First, the majority faulted the plaintiff for failing to offer an alternative method of execution. But, as the Court concedes, the plaintiff had suggested both pentobarbital and sodium thiopental, but the lower court had deemed those drugs “unavailable.” However, Oklahoma’s neighbor Texas uses pentobarbital and has executed nine people this year alone. Moreover, Oklahoma itself has several different active execution protocols, including a new one substituting nitrogen gas for lethal injection. The state, in other words, had other potential methods of execution, but the Court still didn’t want to confront midazolam’s risks.
Second, the Court deferred to the trial court’s factual findings, because they were not “clearly erroneous.” It is common for appellate courts to defer to trial court findings of facts specific to the case before it. Appellate courts, for instance, usually won’t disrupt a trial court’s findings that a party signed a contract on a particular date or deliberately set fire to his barn. But midazolam’s anesthetic properties are facts of a different sort, because they transcend the particular legal dispute and could recur in other cases with different parties and issues.
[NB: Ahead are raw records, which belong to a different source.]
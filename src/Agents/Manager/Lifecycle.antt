-- ===== src/Agents/Manager/Lifecycle.antt =====
-- Killing and removing agents, and the runtimes of a manager.
use cordyceps.Common.{
  if◌then◌else◌, Bool-cases, Option-cases, String, ◌≡◌, refl, ◌∙◌, ◌⊎◌, inl, inr, true, false,
  Option, none, some, List, [], ◌∷◌, ◌++◌, arith, str_eq,
}
use cordyceps.Common.Map
use cordyceps.Common.Map.{Map, get-put, get-delete, get-put_self}
use cordyceps.Common.Text.{Text}
use cordyceps.Drivers.Api.{DriverMode, mode_eq, mode_eq_iff}
use cordyceps.Agents.Manager.{
  Runtime, Factory, AgentManager, removed, absent, still_running, find_factory, delete_factory,
  register_runtime, unregister_runtime, kill, remove, kill_live, kill_all,
}

-- The law of a runtime: an agent that was killed has exited, also where its `kill` throws.
abbrev pub Kills : {A : Type 0} → Runtime A → Type 0
Kills {A} r = (a : A) → r.exited (r.kill a).0 ≡ true

module _ {A : Type 0} (r : Runtime A) where
  -- Removing an id answers by the state of its agent: where the id is unknown or the agent runs,
  -- nothing changes; an exited agent goes, and its id stands for nothing then while every other id
  -- stands for what it stood for.
  pub remove_lem :
      (id j : String) (g : AgentManager A)
      → ((Map.get id g.agents ≡ none) × (remove r id g ≡ (g, absent)))
        ⊎ (((a : A) × (Map.get id g.agents ≡ some a)
              × (r.exited a ≡ false)
              × (remove r id g ≡ (g, still_running)))
            ⊎ ((a : A) × (Map.get id g.agents ≡ some a)
                × (r.exited a ≡ true)
                × ((remove r id g).1 ≡ removed)
                × (Map.get j (remove r id g).0.agents
                    ≡ (if str_eq id j then none else Map.get j g.agents))))
  unfolding remove
  remove_lem id j g = elim (Option-cases (Map.get id g.agents)) [
    | inl e ↦ inl (e, ground (arith, e))
    | inr (a, e) ↦ elim (Bool-cases (r.exited a)) [
      | inl x ↦
          inr (inr (a, e, x, ground (arith, e, x), ground (arith, e, x, get-delete id j g.agents)))
      | inr x ↦ inr (inl (a, e, x, ground (arith, e, x)))
    ]
  ]

  get-kill_live :
      (j : String) (m : Map A)
      → Map.get j (kill_live r m) ≡ elim (Map.get j m) [
        | none ↦ none
        | some a ↦ some (if r.exited a then a else (r.kill a).0)
      ]
  unfolding kill_live Map.get
  get-kill_live j [] = refl
  get-kill_live j ((i, a) ∷ m) = elim (Bool-cases (r.exited a)) [
    | inl x ↦ ground (arith, x, get-kill_live j m)
    | inr x ↦ ground (arith, x, get-kill_live j m)
  ]

  -- After all agents are killed, where the runtimes keep their law: the ids are the same, each has
  -- exited, and an agent that had exited before is as it was.
  pub kill_all_lem :
      (g : AgentManager A) (j : String)
      → Kills r
      → ((Map.get j g.agents ≡ none) × (Map.get j (kill_all r g).agents ≡ none))
        ⊎ ((a : A) × (b : A) × (Map.get j g.agents ≡ some a)
            × (Map.get j (kill_all r g).agents ≡ some b)
            × (r.exited b ≡ true)
            × ((r.exited a ≡ false) ⊎ (b ≡ a)))
  unfolding kill_all
  kill_all_lem g j law = elim (Option-cases (Map.get j g.agents)) [
    | inl e ↦ inl (e, get-kill_live j g.agents ∙ ground (arith, e))
    | inr (a, e) ↦ elim (Bool-cases (r.exited a)) [
      | inl x ↦ inr (a, a, e, get-kill_live j g.agents ∙ ground (arith, e, x), x, inr refl)
      | inr x ↦
          inr (a, (r.kill a).0, e, get-kill_live j g.agents ∙ ground (arith, e, x), law a, inl x)
    ]
  ]

  -- Where the runtimes keep their law, an agent that is killed can be removed, and then its id
  -- stands for nothing while every other id stands for what it stood for; killing an id that
  -- stands for nothing is an error.
  pub remove-kill :
      (id j : String) (g : AgentManager A)
      → Kills r
      → ((Map.get id g.agents ≡ none) × (kill r id g ≡ none))
        ⊎ ((h : AgentManager A) × (e : Option Text) × (kill r id g ≡ some (h, e))
            × ((remove r id h).1 ≡ removed)
            × (Map.get j (remove r id h).0.agents
                ≡ (if str_eq id j then none else Map.get j g.agents)))
  unfolding kill remove
  remove-kill id j g law = elim (Option-cases (Map.get id g.agents)) [
    | inl e ↦ inl (e, ground (arith, e))
    | inr (a, e) ↦
        let b = (r.kill a).0 in
        let m = Map.put id b g.agents in
        let found : Map.get id m ≡ some b = get-put_self id b g.agents in
        inr (
          record g { agents = m },
          (r.kill a).1,
          ground (arith, e),
          ground (arith, found, law a),
          ground (arith, found, law a, get-delete id j m, get-put id j b g.agents),
        )
  ]

module _ {A : Type 0} where
  find_factory-append :
      (m k : DriverMode) (f : Factory A) (fs : List (DriverMode × Factory A))
      → find_factory m fs ≡ none
      → find_factory k (fs ++ (m, f) ∷ []) ≡ (if mode_eq m k then some f else find_factory k fs)
  unfolding find_factory
  find_factory-append m k f [] h = refl
  find_factory-append m k f ((n, g) ∷ fs) h =
      ground
        (arith, h, find_factory-append m k f fs, mode_eq_iff n k, mode_eq_iff n m, mode_eq_iff m k)

  find_factory-delete :
      (m k : DriverMode) (fs : List (DriverMode × Factory A))
      → find_factory k (delete_factory m fs) ≡ (if mode_eq m k then none else find_factory k fs)
  unfolding find_factory delete_factory
  find_factory-delete m k [] = ground arith
  find_factory-delete m k ((n, g) ∷ fs) =
      ground (arith, find_factory-delete m k fs, mode_eq_iff n k, mode_eq_iff n m, mode_eq_iff m k)

  -- A mode has at most one factory: registering a mode that has one fails, else the mode's factory
  -- is the new one until it is unregistered, and the other modes keep theirs all the time.
  pub register_runtime_lem :
      (m k : DriverMode) (f : Factory A) (g : AgentManager A)
      → (((h : Factory A) × (find_factory m g.runtimes ≡ some h) × (register_runtime m f g ≡ none))
          ⊎ ((h : AgentManager A) × (find_factory m g.runtimes ≡ none)
              × (register_runtime m f g ≡ some h)
              × (find_factory k h.runtimes
                  ≡ (if mode_eq m k then some f else find_factory k g.runtimes))))
        × (find_factory k (unregister_runtime m g).0.runtimes
            ≡ (if mode_eq m k then none else find_factory k g.runtimes))
  unfolding register_runtime unregister_runtime
  register_runtime_lem m k f g = (
    elim (Option-cases (find_factory m g.runtimes)) [
      | inl e ↦ inr (
        record g { runtimes = g.runtimes ++ (m, f) ∷ [] },
        e,
        ground (arith, e),
        find_factory-append m k f g.runtimes e,
      )
      | inr (h, e) ↦ inl (h, e, ground (arith, e))
    ],
    find_factory-delete m k g.runtimes,
  )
The trial court’s findings, therefore, are less appropriate for such reflexive deference. Nevertheless, the Court hid behind the trial court’s questionable findings and refused to engage with evidence of midazolam’s dangers. By contrast, in her dissent, Justice Sonia Sotomayor carefully examined the scientific literature, which concluded that midazolam “cannot be used alone … to maintain adequate anesthesia.”
Whatever one’s stance on capital punishment may be, the Court’s failure to engage with the problems of lethal injection is troubling.
The Court worried that lethal injection litigation frustrates states’ efforts to carry out executions. At oral argument, Justice Alito went so far as to condemn such litigation as “guerilla warfare” against the death penalty.
In a sense, he is correct. Some capital inmates bring Eighth Amendment challenges to try to delay their executions. But even if the Court is correct that these cases seek to buy the condemned more time, the Eighth Amendment claims still have merit. Indeed, states’ problems with lethal injection are well documented, and several recent botched executions highlight lethal injection’s dangers. The Court’s impatience with capital litigation generally, then, has blinded it to some lethal injection procedures’ very real risks.
The Court did not purport to address the constitutionality of other states’ procedures. And while its decision ostensibly opens the door for other states to adopt midazolam, it is hardly clear that that drug will remain available for executions. Pharmaceutical companies have tried to prevent states from using other drugs in executions, so it is quite possible that the same will happen with midazolam. Nevertheless, the Court’s reluctance to engage carefully with Oklahoma’s procedure indicates its willingness to turn a blind eye to Eighth Amendment values so that states can resume executions.
In a separate opinion, Justice Stephen Breyer, joined by Justice Ruth Bader Ginsburg, asked whether the death penalty itself violates the Constitution. Reasonable people can certainly disagree about the moral propriety of capital punishment, but, at least for the time being, the majority is correct that capital punishment is constitutional. But just because capital punishment is constitutional in the abstract does not excuse the Court’s abdication of its responsibility to review states’ methods of execution.
The opinions of Glossip v. Gross ultimately address two issues: a momentous one (whether capital punishment is ever constitutional) and a narrow one (whether Oklahoma’s use of midazolam is constitutional). The Court’s error was to conflate the two.